At Tampa International Airport, 55 arrivals and 69 departures were canceled, thanks to Sandy.
Shortly after the massive storm made landfall in southern New Jersey, Consolidated Edison cut power deliberately to about 6,500 customers in downtown Manhattan to avert further damage. Then, huge swaths of the city went dark, losing power to 250,000 customers in Manhattan, Con Ed spokesman Chris Olert said.
New York University's hospital lost backup power, Bloomberg said.
Another 1 million customers lost power earlier Monday in New York City, the northern suburbs and coastal Long Island, where floodwaters swamped cars, downed trees and put neighborhoods under water.
The rains and howling winds, some believed to reach more than 95 mph, left a crane hanging off a luxury high-rise in midtown Manhattan, causing the evacuation of hundreds from a posh hotel and other buildings. Inspectors were climbing 74 flights of stairs to examine the crane hanging from the $1.5 billion.
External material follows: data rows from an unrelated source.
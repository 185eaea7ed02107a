-- ===== src/Utils/AnonymousFiles.antt =====
-- What becomes of the descriptor of an anonymous file.
use pywayland_i6ie.Base.{
  ℕ, ℤ, pos, none, Result, ok, err, ◌≡◌, refl, sym, ap, ◌∙◌, arith, Option-cases, inl, inr,
}
use pywayland_i6ie.Utils.{
  System, AnonymousFile, anonymous_file, open_file, opened, close_file, closed, with_file,
}

module _ (S : System) where
  open S use {World}

  closed_fd :
      (f : AnonymousFile) (r : Result (Unit {0})) (w w' : World) (f' : AnonymousFile)
      → closed S f (r, w) ≡ (ok tt, f', w')
      → f'.fd ≡ none
  unfolding closed
  closed_fd f (err x) w w' f' e = absurd (ground arith)
  closed_fd f (ok _) w w' f' e = sym (ap (λ out. out.1.fd) e)

  close_file_closed :
      (f : AnonymousFile) (w w' : World) (f' : AnonymousFile)
      → close_file S f w ≡ (ok tt, f', w')
      → f'.fd ≡ none
  unfolding close_file closed
  close_file_closed f w w' f' e = elim (Option-cases f.fd) [
    | inl gone ↦ sym (ap (λ out. out.1.fd) (rw (gone, close_file) at e)) ∙ gone
    | inr (fd, there) ↦
        let (r, after) = S.close fd w in closed_fd f r after w' f' (rw (there, close_file) at e)
  ]

  -- Once `close` has returned, the file has no descriptor, and closing it again does nothing.
  pub close_file_twice :
      (f : AnonymousFile) (w w' : World) (f' : AnonymousFile)
      → close_file S f w ≡ (ok tt, f', w')
      → (f'.fd ≡ none) × (close_file S f' w' ≡ (ok tt, f', w'))
  unfolding close_file
  close_file_twice f w w' f' e = let gone = close_file_closed f w w' f' e in (gone, rw gone refl)

  -- In `with file as fd`, on a file that is not open: if a descriptor is made and closing it does
  -- not raise, the body runs with it, the descriptor is closed behind it once, whatever the body
  -- ends with, and that is what the statement ends with; closing the file again does nothing then.
  pub with_file_closes :
      {A : Type 0} (size : ℤ) (n : ℕ) (body : ℤ → World → Result A × World) (w w' w'' : World)
      → S.create size w ≡ (pos n, w')
      → S.close (pos n) (body (pos n) w').1 ≡ (ok tt, w'')
      → (with_file S (anonymous_file size) body w ≡ ((body (pos n) w').0, anonymous_file size, w''))
        × (close_file S (anonymous_file size) w'' ≡ (ok tt, anonymous_file size, w''))
  unfolding with_file open_file opened anonymous_file close_file closed
  with_file_closes size n body w w' w'' made closing = (rw (made, closing) refl, refl)
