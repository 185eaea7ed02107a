-- ===== src/Utils/Links.antt =====
-- The walk over a list of libwayland's yields the containers of its links, in order.
use pywayland_i6ie.Base.{
  ℕ, suc, ◌+◌, ◌≤◌, ◌<◌, ◌≡◌, ◌≢◌, refl, ap, ◌∙◌, sym, some, List, [], ◌∷◌, map, length, arith,
  ◌==◌, ℕ-Eq, Bool-cases, inl, inr, nat_eq_iff,
}
use pywayland_i6ie.Utils.{word, wl_container_of, member, each_from, wl_list_for_each}

pub member-wl_container_of :
    (ptr offset : ℕ) → ptr < word → offset ≤ word → member (wl_container_of ptr offset) offset ≡ ptr
member-wl_container_of ptr offset small fits = omega arith

-- From the link at `link`, `next` leads through these links and back to `head`.
abbrev pub Leads : (ℕ → ℕ) → ℕ → ℕ → List ℕ → Type 0
Leads next head link [] = next link ≡ head
Leads next head link (x ∷ links) =
    (next link ≡ x) × (x ≢ head) × (x < word) × Leads next head x links

module _ (next : ℕ → ℕ) (head offset : ℕ) (small : head < word) (fits : offset ≤ word) where
  each_from_end :
      (rounds at : ℕ)
      → member at offset ≡ head
      → each_from next head offset (suc rounds) at ≡ some []
  unfolding each_from
  each_from_end rounds at e = ground (arith, e)

  each_from_more :
      (rounds at x : ℕ) (containers : List ℕ)
      → member at offset ≡ x
      → x ≢ head
      → each_from next head offset rounds (wl_container_of (next x) offset) ≡ some containers
      → each_from next head offset (suc rounds) at ≡ some (at ∷ containers)
  unfolding each_from
  each_from_more rounds at x containers here differs rest =
      elim (Bool-cases (member at offset == head)) [
        | inl e ↦ absurd (differs (sym here ∙ (nat_eq_iff _ _).0 e))
        | inr e ↦ rw e (rw here (rw rest refl))
      ]

  each_from-Leads :
      (links : List ℕ) (link k : ℕ)
      → Leads next head link links
      → each_from next head offset (suc (length links) + k) (wl_container_of (next link) offset)
        ≡ some (map (λ x. wl_container_of x offset) links)
  each_from-Leads [] link k leads =
      let step : 1 + k ≡ suc k = omega arith in
      let back : member (wl_container_of (next link) offset) offset ≡ head =
        rw leads (member-wl_container_of head offset small fits) in
      ap (λ rounds. each_from next head offset rounds (wl_container_of (next link) offset)) step
      ∙ each_from_end k (wl_container_of (next link) offset) back
  each_from-Leads (x ∷ links) link k (to, differs, below, leads) =
      let step : suc (suc (length links)) + k ≡ suc (suc (length links) + k) = omega arith in
      let here : member (wl_container_of x offset) offset ≡ x =
        member-wl_container_of x offset below fits in
      ap (λ rounds. each_from next head offset rounds (wl_container_of (next link) offset)) step
      ∙ ap
          (λ y.
            each_from next head offset (suc (suc (length links) + k)) (wl_container_of y offset))
          to
      ∙ (each_from_more (suc (length links) + k) (wl_container_of x offset) x _ here differs
          (each_from-Leads links x k leads))

  -- If `next` leads from the head through these links and back, none of them the head, then the
  -- walk yields the container of each of them, in order; one round more than there are links is
  -- enough.
  pub wl_list_for_each-Leads :
      (links : List ℕ) (k : ℕ)
      → Leads next head head links
      → wl_list_for_each next head offset (suc (length links) + k)
        ≡ some (map (λ x. wl_container_of x offset) links)
  unfolding wl_list_for_each
  wl_list_for_each-Leads links k leads = each_from-Leads links head k leads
The facade of a four-story Manhattan building in the Chelsea neighborhood crumbled and collapsed suddenly, leaving the lights, couches, cabinets and desks inside visible from the street. No one was hurt, although some of the falling debris hit a car.
LINK: Crane collapse, building facade falls off, other storm photos
On coastal Long Island, floodwaters swamped cars, downed trees and put neighborhoods under water as beachfronts and fishing villages bore the brunt of the storm. A police car was lost rescuing 14 people from the popular resort Fire Island.
The city shut all three of its airports, its subways, schools, stock exchanges, Broadway theaters and closed several bridges and tunnels throughout the day as the weather worsened.
Earlier, some New Yorkers defiantly soldiered on, trying to salvage normal routines and refusing to evacuate, as the mayor ordered 375,000 in low-lying areas to do.
Mark Vial pushed a stroller holding his 2-year-old daughter Maziyar toward his apartment building in Battery Park City, an area that was ordered evacuated.
"We're high up enough, so I'm not worried about flooding," said Via, 35. "There's plenty of food. We'll be OK."
On Long Island, floodwaters had begun to deluge some low-lying towns and nearly 150,000 customers had lost power. Cars floated along the streets of Long Beach and flooding consumed several blocks south of the bay, residents said.
Gov. Andrew Cuomo, holding a news conference on Long Island where the lights flickered and his mike went in and out, said most of the National Guards deployed to the New York City area would go to Long Island.
"Long Island has become more and more vulnerable and the primary area of our concentration," he said.